A sua filha, Benedita, participa da criação do programa?
Era uma coisa bem informal, ela dava uns palpites. Aí o Hermano Vianna, criador do programa, ligava pra ela toda hora para pedir dicas de funk, pagode… Ela sabia o que estava bombando e ainda dizia para ele o que ia bombar em três semanas. Até que chegou um momento em que ele falou para a Benedita: “Acho melhor te contratar”. Quando eu soube, ela já estava com carteira assinada.
A Benedita é você, né? Ela gosta das coisas que você faz.
É uma bênção, nem sei a quem agradecer. Não é dizer que eu influencio. Acho que é ela que mais me influencia. Ela me mostra muita coisa nova.
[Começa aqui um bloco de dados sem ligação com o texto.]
-- ===== src/Scanout/Coherent.antt =====
-- The feedback of src/scanout.rs over any history: what surfaces were told, and what was built last.
use mathlib.Core.Path.{subst}
use ihs_wl_server.Prelude.{
  ℕ, ◌≤◌, ◌≡◌, refl, ap, ◌∙◌, inl, inr, Bool, true, false, not, ◌&&◌, List, [], ◌∷◌, Option, none,
  some, ◌==◌, if◌then◌else◌, retain, contains, lookup, modify, arith, ==_iff, Bool-cases,
  Option-cases, lookup-modify,
}
use ihs_wl_server.Caps.{FormatModifier}
use ihs_wl_server.Scanout.{
  Host, Hint, Built, Hinted, Scanout, formats_eq, find_hinted, hinted_feedback, or_default,
  tranche_feedback, imported, cached, scanout_feedback, entry_of, hint_surface,
}
use ihs_wl_server.Scanout.Finds.{
  entries, find-append, entries-append, entries-retain-le, find-alive, find-kept, entries-kept,
}

same_formats : (fs gs : List FormatModifier) → formats_eq fs gs ≡ true → fs ≡ gs
same_formats [] [] e = refl
same_formats [] (g ∷ gs) e = cc
same_formats (f ∷ fs) [] e = cc
same_formats (f ∷ fs) (g ∷ gs) e =
    let codes : f.fourcc ≡ g.fourcc = ground (arith, e, ==_iff f.fourcc g.fourcc) in
    let modifiers : f.modifier ≡ g.modifier = ground (arith, e, ==_iff f.modifier g.modifier) in
    let heads : f ≡ g =
      ap (λ c. record { fourcc = c; modifier = f.modifier }) codes
      ∙ ap (λ m. record { fourcc = g.fourcc; modifier = m }) modifiers in
    let tails : fs ≡ gs = same_formats fs gs (ground (arith, e)) in cc

module _ {F : Type 0} (host : Host F) (main : ℕ) (d : F) where
  -- A surface has one entry at most; what it was told is what it would be told if it asked again; and
  -- what was built last is what would be built for it now.
  pub record IsCoherent (w : Scanout F) : Type 0 where
    pub once : (s : ℕ) → contains w.gone s ≡ false → entries s w.hinted ≤ 1
    pub told :
        (s : ℕ) (f : F)
        → contains w.gone s ≡ false
        → lookup s w.told ≡ some f
        → f ≡ or_default d (hinted_feedback s w)
    pub cache :
        (b : Built F)
        → w.last ≡ some b
        → b.feedback ≡ tranche_feedback host main b.dev (imported host b.hinted)

  -- The one that was built before is the one that would be built.
  cached_fresh :
      (w : Scanout F) (dev : ℕ) (hinted : List FormatModifier)
      → IsCoherent w
      → (cached host main dev hinted w.last).feedback
        ≡ tranche_feedback host main dev (imported host hinted)
  unfolding cached
  cached_fresh w dev hinted c = elim (Option-cases w.last) [
    | inl e ↦ rw e refl
    | inr (b, e) ↦ elim (Bool-cases (b.dev == dev && formats_eq b.hinted hinted)) [
      | inr f ↦ ground (arith, e, f)
      | inl f ↦
          let devs : b.dev ≡ dev = ground (arith, f, ==_iff b.dev dev) in
          let lists = same_formats b.hinted hinted (ground (arith, f)) in
          let eq : cached host main dev hinted w.last ≡ b = ground (arith, e, f) in
          ap (λ (x : Built F). x.feedback) eq
          ∙ c.cache b e
          ∙ ap (λ n. tranche_feedback host main n (imported host b.hinted)) devs
          ∙ ap (λ fs. tranche_feedback host main dev (imported host fs)) lists
    ]
  ]

  find-entry :
      (s t view : ℕ) (f : Option F)
      → find_hinted s (entry_of t view f) ≡ (if t == s then f else none)
  find-entry s t view none = ground arith
  find-entry s t view (some f) = ground arith

  entries-entry :
      (s t view : ℕ) (f : Option F) → entries s (entry_of t view f) ≤ (if t == s then 1 else 0)
  entries-entry s t view none = ground arith
  entries-entry s t view (some f) = ground arith

  -- What the surfaces would be told after a hint for the surface `t`.
  pub hint_surface-finds :
      (view : ℕ) (hint : Hint) (t s : ℕ) (w : Scanout F)
      → IsCoherent w
      → contains w.gone s ≡ false
      → hinted_feedback s (hint_surface host main d view hint t w) ≡ (
          if t == s
          then tranche_feedback host main hint.dev (imported host hint.formats)
          else hinted_feedback s w)
  unfolding hint_surface scanout_feedback hinted_feedback
  hint_surface-finds view hint t s w c alive =
      let w' = hint_surface host main d view hint t w in
      let fresh = cached_fresh w hint.dev hint.formats c in
      let feedback = (cached host main hint.dev hint.formats w.last).feedback in
      let kept =
        retain (λ (e : Hinted F). not (contains w.gone e.surface) && not (e.surface == t))
          w.hinted in
      find-alive s w.gone w'.hinted alive
      ∙ find-append s kept (entry_of t view feedback)
      ∙ ground (
        arith,
        fresh,
        find-kept s t w.gone w.hinted alive,
        find-entry s t view feedback,
        find-alive s w.gone w.hinted alive,
      )

  cached_own :
      (w : Scanout F) (dev : ℕ) (hinted : List FormatModifier)
      → IsCoherent w
      → let b = cached host main dev hinted w.last in
        b.feedback ≡ tranche_feedback host main b.dev (imported host b.hinted)
  unfolding cached
  cached_own w dev hinted c = elim (Option-cases w.last) [
    | inl e ↦ rw e refl
    | inr (b, e) ↦ elim (Bool-cases (b.dev == dev && formats_eq b.hinted hinted)) [
      | inr f ↦ rw (e, f) refl
      | inl f ↦ rw (e, f) (c.cache b e)
    ]
  ]

  -- What a surface was told, once it was told `g`.
  retold :
      (t s : ℕ) (g f : F) (told : List (ℕ × F))
      → lookup s (modify t (λ h. g) told) ≡ some f
      → (t == s) ≡ true
      → f ≡ g
  retold t s g f told e same = elim (Option-cases (lookup s told)) [
    | inl n ↦ ground (arith, e, same, n, lookup-modify s t (λ h. g) told)
    | inr (h, n) ↦ ground (arith, e, same, n, lookup-modify s t (λ h. g) told)
  ]

  not_retold :
      (t s : ℕ) (g f : F) (told : List (ℕ × F))
      → lookup s (modify t (λ h. g) told) ≡ some f
      → (t == s) ≡ false
      → lookup s told ≡ some f
  not_retold t s g f told e other = ground (arith, e, other, lookup-modify s t (λ h. g) told)

  pub hint_surface-IsCoherent :
      (view : ℕ) (hint : Hint) (t : ℕ) (w : Scanout F)
      → IsCoherent w
      → IsCoherent (hint_surface host main d view hint t w)
  unfolding hint_surface scanout_feedback
  hint_surface-IsCoherent view hint t w c =
      let feedback = (cached host main hint.dev hint.formats w.last).feedback in
      let fresh = cached_fresh w hint.dev hint.formats c in
      let keeps : Hinted F → Bool = λ e. not (contains w.gone e.surface) && not (e.surface == t) in
      record {
        once = λ s alive. ground (
          arith,
          entries-append s (retain keeps w.hinted) (entry_of t view feedback),
          entries-entry s t view feedback,
          entries-kept t w.gone w.hinted,
          entries-retain-le s keeps w.hinted,
          c.once s alive,
          ==_iff t s,
        );
        told = λ s f alive e.
            let finds = hint_surface-finds view hint t s w c alive in
            elim (Bool-cases (t == s)) [
              | inl same ↦
                  let now : f ≡ or_default d feedback =
                    retold t s (or_default d feedback) f w.told e same in
                  ground (arith, now, same, finds, fresh)
              | inr other ↦
                  let before : f ≡ or_default d (hinted_feedback s w) =
                    c.told s f alive (not_retold t s (or_default d feedback) f w.told e other) in
                  ground (arith, before, other, finds)
            ];
        cache = λ b e.
            let same : cached host main hint.dev hint.formats w.last ≡ b = cc in
            subst
              (λ (x : Built F).
                x.feedback ≡ tranche_feedback host main x.dev (imported host x.hinted))
              same (cached_own w hint.dev hint.formats c);
      }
E como está a recuperação do Estevão (Ciavatta, diretor, produtor e marido de Regina que caiu de um cavalo em novembro de 2008)?
É um trabalho insano até hoje, ele faz fisioterapia todos os dias, ainda tem limitações, dificuldade de locomoção, mas melhorou muito.
O amor cresceu depois disso?
O amor já era grande. O que cresceu foi a minha admiração por ele, ver como ele enfrentou tudo isso.
O que você gosta de fazer nas horas vagas?
Não tenho muita rotina. Tem semanas em que eu gravo dois programas. É uma experiência que, às vezes, me deixa apavorada. Faço sessões de fono, mas falar durante seis horas com o som muito alto me tira de qualquer técnica. Eu acabo gritando (risos).
Manda uma mensagem para os fãs do ‘Esquenta’.
Eu me sinto honrada pelo fato de o público se sentir representado no ‘Esquenta’. E agradeço o carinho de todos.